Which description represents this equation?
7x – 2 = 33
Two times the quantity of seven less than a number equals thirty-three.
Seven less than two times a number equals thirty-three.
Two less than seven times a number equals thirty-three.
Seven times two minus a number equals thirty-three.
Two less than seven times a number equals thirty-three.
To determine which description represents the given equation 7x - 2 = 33, we first need to understand what the equation means.
In this equation, 7x represents a number multiplied by 7, and 33 is a constant value.
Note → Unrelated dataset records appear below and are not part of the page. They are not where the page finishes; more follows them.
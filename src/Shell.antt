-- ===== src/Shell.antt =====
-- sh.c: the parser of the shell.
pub mod Token
pub mod TokenLaws
pub mod Parser
pub mod ParserLaws
mod Tests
The minus sign (-) indicates subtraction, and the number 2 is being subtracted from 7x.
To find the value of x that satisfies the equation, we can follow these steps:
Step 1: Move the constant term to the other side of the equation.
By adding 2 to both sides of the equation, we get:
7x - 2 + 2 = 33 + 2
This simplifies to:
7x = 35
Step 2: Isolate the variable term.
Divide both sides of the equation by 7:
7x/7 = 35/7
This simplifies to:
x = 5
Therefore, the solution to the equation 7x - 2 = 33 is x = 5.
Now, let's determine which description represents this equation. Given the equation 7x - 2 = 33, it represents the situation where a number multiplied by 7, with 2 subtracted, equals 33.